Sireesha · August 1, 2019, 2:17pm

@sscarduzio
When I create a token with this payload {sub: ‘setsight’, roles:“admin_client”}, I get write privileges through the first jwt ACL.

[2019-08-01T13:55:24,476][INFO ][t.b.r.a.l.AclLoggingDecorator] [ip] ^[[36mALLOWED by { name: 'Valid JWT token with admin role', policy: ALLOW, rules: [jwt_auth] req={ ID:530578388-1044832523#5272, TYP:IndexRequest, CGR:N/A, USR:setsight, BRS:true, KDX:null, ACT:indices:data/write/index, OA:<ip>, XFF:null, DA:<ip>, IDX:setsight_metadata, MET:PUT, PTH:/setsight_metadata/_doc/period_metric_aliases, CNT:<OMITTED, LENGTH=888.0 B> , HDR:Accept=application/json, text/plain, */*, Authorization=<OMITTED>, Connection=close, Content-Length=888, Content-Type=application/json, Host=<ip>, User-Agent=axios/0.19.0, HIS:[Valid JWT token with admin role-> RULES:[jwt_auth->true], RESOLVED:[user=setsight]]

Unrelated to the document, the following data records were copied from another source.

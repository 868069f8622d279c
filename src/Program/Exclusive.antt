-- ===== src/Program/Exclusive.antt =====
-- Each of the two periodic jobs runs at most once at a time.
use formula_one_telemetry_si.Prelude.{
  ℕ, zero, suc, ◌%◌, ◌==◌, ◌≡◌, refl, sym, ◌∙◌, ap, Bool, true, false, not, ◌&&◌, Option, some,
  List, [], ◌∷◌, ◌⊎◌, inl, inr, length, if-both, arith,
}
use mathlib.Core.Path.{subst}
use formula_one_telemetry_si.Types.{DriverState}
use formula_one_telemetry_si.Program.{
  Job, check_limits, update_weather, Entry, Flights, ready_at, is_idle, submit, start_check,
  start_weather, start_jobs,
}
use formula_one_telemetry_si.Program.Live.{entry_at, keep_promise}

module _ {F : Type 0} where
  abbrev pub is_check : Job F → Bool
  is_check (check_limits _ _) = true
  is_check (update_weather _) = false

  -- Whether the job `k` is going and is a check, or is an update.
  abbrev pub is_going : Bool → List (Entry F) → ℕ → Bool
  is_going check [] k = false
  is_going true (e ∷ es) zero = is_check e.job && not e.ready
  is_going false (e ∷ es) zero = not (is_check e.job) && not e.ready
  is_going check (e ∷ es) (suc k) = is_going check es k

  going-ready :
      (check : Bool) (jobs : List (Entry F)) (k : ℕ)
      → is_going check jobs k ≡ true
      → ready_at jobs k ≡ false
  going-ready check [] k h = cc
  going-ready true (e ∷ es) zero h = ground arith
  going-ready false (e ∷ es) zero h = ground arith
  going-ready true (e ∷ es) (suc k) h = going-ready true es k h
  going-ready false (e ∷ es) (suc k) h = going-ready false es k h

  going-keep_promise :
      (check : Bool) (jobs : List (Entry F)) (j k : ℕ)
      → is_going check (keep_promise jobs j) k ≡ true
      → is_going check jobs k ≡ true
  going-keep_promise check [] j k h = cc
  going-keep_promise true (e ∷ es) zero zero h = ground arith
  going-keep_promise false (e ∷ es) zero zero h = ground arith
  going-keep_promise true (e ∷ es) zero (suc k) h = h
  going-keep_promise false (e ∷ es) zero (suc k) h = h
  going-keep_promise true (e ∷ es) (suc j) zero h = h
  going-keep_promise false (e ∷ es) (suc j) zero h = h
  going-keep_promise true (e ∷ es) (suc j) (suc k) h = going-keep_promise true es j k h
  going-keep_promise false (e ∷ es) (suc j) (suc k) h = going-keep_promise false es j k h

  going-submit :
      (check : Bool) (jobs : List (Entry F)) (job : Job F) (k : ℕ)
      → is_going check (submit jobs job) k ≡ true
      → (is_going check jobs k ≡ true) ⊎ ((k ≡ length jobs) × (is_check job ≡ check))
  going-submit true [] job zero h = inr (refl, ground arith)
  going-submit false [] job zero h = inr (refl, ground arith)
  going-submit check [] job (suc k) h = cc
  going-submit true (e ∷ es) job zero h = inl h
  going-submit false (e ∷ es) job zero h = inl h
  going-submit true (e ∷ es) job (suc k) h = elim (going-submit true es job k h) [
    | inl old ↦ inl old
    | inr (new, same) ↦ inr (ap suc new, same)
  ]
  going-submit false (e ∷ es) job (suc k) h = elim (going-submit false es job k h) [
    | inl old ↦ inl old
    | inr (new, same) ↦ inr (ap suc new, same)
  ]

  -- A job that is going is that of its future.
  abbrev pub Single : Flights F → Type 0
  Single s =
      ((k : ℕ) → is_going true s.jobs k ≡ true → s.track_limits_future ≡ some k)
      × ((k : ℕ) → is_going false s.jobs k ≡ true → s.weather_future ≡ some k)

  -- A job whose future is idle is not going.
  idle-not_going :
      (check : Bool) (jobs : List (Entry F)) (future : Option ℕ) (k : ℕ)
      → is_idle jobs future ≡ true
      → (is_going check jobs k ≡ true → future ≡ some k)
      → is_going check jobs k ≡ true
      → ⊥
  idle-not_going check jobs future k idle h going =
      let ended : ready_at jobs k ≡ true = ap (is_idle jobs) (sym (h going)) ∙ idle in
      let waits = going-ready check jobs k going in cc

  start_check-Single :
      (lap : ℕ) (states : List (DriverState F)) (s : Flights F)
      → Single s
      → Single (start_check lap states s)
  unfolding start_check
  start_check-Single lap states s v =
      if-both Single (is_idle s.jobs s.track_limits_future)
        (λ idle. (
          λ k h. elim (going-submit true s.jobs (check_limits states lap) k h) [
            | inl old ↦ absurd (idle-not_going true s.jobs s.track_limits_future k idle (v.0 k) old)
            | inr (new, _) ↦ ap some (sym new)
          ],
          λ k h. elim (going-submit false s.jobs (check_limits states lap) k h) [
            | inl old ↦ v.1 k old
            | inr (_, other) ↦ cc
          ],
        ))
        (λ _. v)

  start_weather-Single : (lap : ℕ) (s : Flights F) → Single s → Single (start_weather lap s)
  unfolding start_weather
  start_weather-Single lap s v =
      if-both Single (is_idle s.jobs s.weather_future)
        (λ idle. (
          λ k h. elim (going-submit true s.jobs (update_weather lap) k h) [
            | inl old ↦ v.0 k old
            | inr (_, other) ↦ cc
          ],
          λ k h. elim (going-submit false s.jobs (update_weather lap) k h) [
            | inl old ↦ absurd (idle-not_going false s.jobs s.weather_future k idle (v.1 k) old)
            | inr (new, _) ↦ ap some (sym new)
          ],
        ))
        (λ _. v)

  pub start_jobs-Single :
      (n lap : ℕ) (states : List (DriverState F)) (s : Flights F)
      → Single s
      → Single (start_jobs n lap states s)
  unfolding start_jobs
  start_jobs-Single n lap states s v =
      start_weather-Single lap _
        (if-both Single (n % 9 == 0) (λ _. start_check-Single lap states s v) (λ _. v))

  pub keep_promise-Single :
      (s : Flights F) (m : ℕ) → Single s → Single (record s { jobs = keep_promise s.jobs m })
  keep_promise-Single s m v = (
    λ k h. v.0 k (going-keep_promise true s.jobs m k h),
    λ k h. v.1 k (going-keep_promise false s.jobs m k h),
  )

  -- Two jobs of one kind that are both going are the same job.
  pub Single-unique :
      (s : Flights F) (check : Bool) (j k : ℕ)
      → Single s
      → is_going check s.jobs j ≡ true
      → is_going check s.jobs k ≡ true
      → j ≡ k
  Single-unique s true j k v a b = let both = sym (v.0 j a) ∙ v.0 k b in cc
  Single-unique s false j k v a b = let both = sym (v.1 j a) ∙ v.1 k b in cc

  -- A job whose promise is not kept is going.
  pub entry-is_going :
      (jobs : List (Entry F)) (k : ℕ) (e : Entry F)
      → entry_at jobs k ≡ some e
      → ready_at jobs k ≡ false
      → is_going (is_check e.job) jobs k ≡ true
  entry-is_going [] k e at open_ = cc
  entry-is_going (j ∷ js) zero e at open_ =
      let same : j ≡ e = cc in
      subst (λ (z : Entry F). is_going (is_check z.job) (j ∷ js) 0 ≡ true) same
        (here j.job j.ready open_)
    where
      here :
          (w : Job F) (r : Bool)
          → r ≡ false
          → is_going (is_check w) (record { job = w; ready = r } ∷ js) 0 ≡ true
      here (check_limits _ _) r h = ground arith
      here (update_weather _) r h = ground arith
  entry-is_going (j ∷ js) (suc k) e at open_ =
      later (is_check e.job) (entry-is_going js k e at open_)
    where
      later : (b : Bool) → is_going b js k ≡ true → is_going b (j ∷ js) (suc k) ≡ true
      later true h = h
      later false h = h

I thought that since user is ‘admin’ in the first rule, the second rule gets applied.

Then, I removed the first rule completely, and executed the request. It was forbidden due to this.
[2019-08-01T14:13:43,454][INFO ][t.b.r.a.l.AclLoggingDecorator] [ip] ^[[35mFORBIDDEN by default req={ ID:1587389397-774997354#2583, TYP:GetRequest, CGR:N/A, USR:[user not logged], BRS:true, KDX:null, ACT:indices:data/read/get, OA:<ip>, XFF:null, DA:<ip>, IDX:setsight_metadata, MET:GET, PTH:/setsight_metadata/_doc/period_metric_aliases, CNT:<N/A>, HDR:Accept=application/json, text/plain, */*, Connection=close, Host=<ip>, User-Agent=axios/0.19.0, content-length=0, HIS:[Access for a vendor to his data -> RULES:[jwt_auth->false], RESOLVED:[]], [Valid JWT token with setsight user-> RULES:[jwt_auth->false], RESOLVED:[]], [Require HTTP Basic Auth-> RULES:[auth_key->false], RESOLVED:[]], [Setsight admin user-> RULES:[auth_key->false], RESOLVED:[]], [Setsight user-> RULES:[auth_key->false], RESOLVED:[]], [Vendor-> RULES:[auth_key->false], RESOLVED:[]], [Local host access-> RULES:[hosts->false], RESOLVED:[]] }

I expected USR:setsight instead here. Please also look at the jwt_provider declaration because the user is not being picked up from the token in some cases as shown above.

Sireesha · August 2, 2019, 9:05am

I just had to replace user with roles in the first ACL, and the rest worked as expected.